Problem to work on: Once you have read the entries, please say how many lines hold the string "Core", giving the number only.

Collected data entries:
»»
-- ===== src/Model/Segment/Robust.antt =====
-- src/model/segment.c: vicarl_segment_decode on any input.
use vicarl.Prelude.{
  ℕ, zero, suc, ◌-◌, ◌≤◌, ◌^◌, ◌≡◌, refl, List, Bool, true, false, not, ◌||◌, ◌&&◌, All, length,
  ltb, ◌==◌, arith,
}
use vicarl.Core.Types.{
  null, Result, ok, err, format, oom, Slice, slice_len, slice_bytes, is_null, ◌>>=◌, reject_if,
  IsU64,
}
use vicarl.Core.Alloc.{Allocator, malloc_grants, calloc_grants}
use vicarl.Core.Reader.{Rbuf, rbuf_init, rbuf_remaining}
use vicarl.Core.Reader.Safe.{
  Taken, taken, short, Taken-bind, rbuf_init-inside, get_u8-Taken, get_bytes-Taken,
  get_varu64-Taken, get_ldbytes-Taken,
}
use vicarl.Model.Framing.Laws.{IsSig, or_format-Taken, get_magic-Taken, get_signature-Taken}
use vicarl.Model.Segment.{
  SegmentHeader, Segment, slice_size, segment_size, read_header, get_records, read_body,
  segment_decode,
}

-- What the fields of a decoded header are: hashes of 32 bytes and numbers of 64 bits.
pub record IsHeader (hdr : SegmentHeader) : Type 0 where
  pub prev_32 : length hdr.prev_segment_hash ≡ 32
  pub root_32 : length hdr.records_merkle_root ≡ 32
  pub number_64 : IsU64 hdr.segment_no
  pub count_64 : IsU64 hdr.record_count
  pub timestamp_64 : IsU64 hdr.timestamp_ms

-- What a decoded segment is: a copy of the bytes, a header that counts the records, records that are
-- there, a signature of 64 bytes if there is one.
pub record IsDecoded (copy : List ℕ) (seg : Segment) : Type 0 where
  pub copied : seg.owned ≡ copy
  pub header : IsHeader seg.hdr
  pub counted : seg.hdr.record_count ≡ length seg.records
  pub views : All (λ s. is_null s ≡ false) seg.records
  pub sig_64 : IsSig seg.sig

pub read_header-Taken :
    (r : Rbuf) → r.pos ≤ length r.contents → Taken (λ head. IsHeader head.1) r (read_header r)
unfolding read_header
read_header-Taken r i = Taken-bind _ (get_magic-Taken r i b'V' b'C' b'S' b'1') λ same r0 a i0.
    Taken-bind _ (or_format-Taken (get_u8-Taken r0 i0)) λ flags r1 b i1.
      Taken-bind _ (get_varu64-Taken r1 i1) λ number r2 number_64 i2.
        Taken-bind _ (or_format-Taken (get_bytes-Taken r2 32 i2)) λ prev r3 prev_32 i3.
          Taken-bind _ (get_varu64-Taken r3 i3) λ count r4 count_64 i4.
            Taken-bind _ (or_format-Taken (get_bytes-Taken r4 32 i4)) λ root r5 root_32 i5.
              Taken-bind _ (get_varu64-Taken r5 i5) λ ts r6 timestamp_64 i6.
                taken
                  (record {
                    prev_32 = prev_32;
                    root_32 = root_32;
                    number_64 = number_64;
                    count_64 = count_64;
                    timestamp_64 = timestamp_64;
                  })
                  refl (omega arith) i6

abbrev AreViews : ℕ → List Slice → Type 0
AreViews n recs = (n ≡ length recs) × All (λ s. is_null s ≡ false) recs

get_records-Taken :
    (n : ℕ) (r : Rbuf) → r.pos ≤ length r.contents → Taken (AreViews n) r (get_records n r)
unfolding get_records
get_records-Taken zero r i = taken (refl, tt) refl (omega arith) i
get_records-Taken (suc n) r i = Taken-bind _ (get_ldbytes-Taken r i) λ rec r0 a i0.
    Taken-bind _ (get_records-Taken n r0 i0)
      λ recs r1 (counted, views) i1. taken (omega arith, (refl, views)) refl (omega arith) i1

read_body-Taken :
    (copy : List ℕ) (flags : ℕ) (hdr : SegmentHeader) (r : Rbuf)
    → IsHeader hdr
    → r.pos ≤ length r.contents
    → Taken (IsDecoded copy) r (read_body copy flags hdr r)
unfolding read_body
read_body-Taken copy flags hdr r h i =
    Taken-bind _ (get_records-Taken hdr.record_count r i) λ recs r0 (counted, views) i0.
      Taken-bind _ (get_signature-Taken r0 i0 flags) λ sig r1 sig_64 i1.
        taken
          (record { copied = refl; header = h; counted = counted; views = views; sig_64 = sig_64 })
          refl (omega arith) i1

-- The ways in which decoding ends.
pub data Decodes (copy : List ℕ) : Result Segment → Type 0 where
  good : {seg : Segment} → IsDecoded copy seg → Decodes copy (ok seg)
  bad_format : Decodes copy (err format)
  no_memory : Decodes copy (err oom)

checked :
    (bad no_room : Bool) {copy : List ℕ} {m : Result Segment}
    → Decodes copy m
    → Decodes copy (reject_if bad format >>= λ _. reject_if no_room oom >>= λ _. m)
checked true no_room h = bad_format
checked false true h = no_memory
checked false false h = h

ended :
    {copy : List ℕ} {r : Rbuf} {m : Result (Segment × Rbuf)} (no_room : Bool)
    → Taken (IsDecoded copy) r m
    → Decodes copy (
        m >>= λ x. reject_if (not (rbuf_remaining x.1 == 0)) format >>= λ _.
        reject_if no_room oom >>= λ _. ok x.0)
ended no_room (taken {a = a} {r' = r'} h e le i) =
    checked (not (rbuf_remaining r' == 0)) no_room (good h)
ended no_room short = bad_format

headed :
    {copy : List ℕ} {r : Rbuf} {m : Result ((ℕ × SegmentHeader) × Rbuf)}
    (k : (ℕ × SegmentHeader) × Rbuf → Result Segment)
    → Taken (λ head. IsHeader head.1) r m
    → ((head : ℕ × SegmentHeader) (r' : Rbuf)
        → IsHeader head.1
        → r'.pos ≤ length r'.contents
        → Decodes copy (k (head, r')))
    → Decodes copy (m >>= k)
headed k (taken h e le i) next = next _ _ h i
headed k short next = bad_format

-- On every input and with every allocator, decoding a segment ends in a segment over a copy of the
-- bytes, whose header has hashes of 32 bytes and numbers of 64 bits and counts the records, with
-- records that are not NULL and a signature of 64 bytes if any, or in VICARL_ERR_FORMAT, or in
-- VICARL_ERR_OOM; it never reads outside the buffer.
pub segment_decode-Decodes :
    (grants : Allocator) (encoded : Slice)
    → Decodes (slice_bytes encoded) (segment_decode grants encoded)
unfolding segment_decode
segment_decode-Decodes grants encoded =
    let copy = slice_bytes encoded in
    checked (ltb (slice_len encoded) 5 || is_null encoded)
      (not (malloc_grants grants (slice_len encoded)))
      (headed _ (read_header-Taken (rbuf_init copy) (rbuf_init-inside copy)) λ head r h i.
        checked (ltb (2 ^ 64 - 1) head.1.record_count)
          (ltb 0 head.1.record_count && not (calloc_grants grants head.1.record_count slice_size))
          (ended (not (calloc_grants grants 1 segment_size))
            (read_body-Taken copy head.0 head.1 r h i)))

pub segment_decode-null : (grants : Allocator) (n : ℕ) → segment_decode grants (null n) ≡ err format
unfolding segment_decode
segment_decode-null grants n =
    let refused : (ltb n 5 || true) ≡ true = ground arith in rw refused refl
««
Solved problem: 4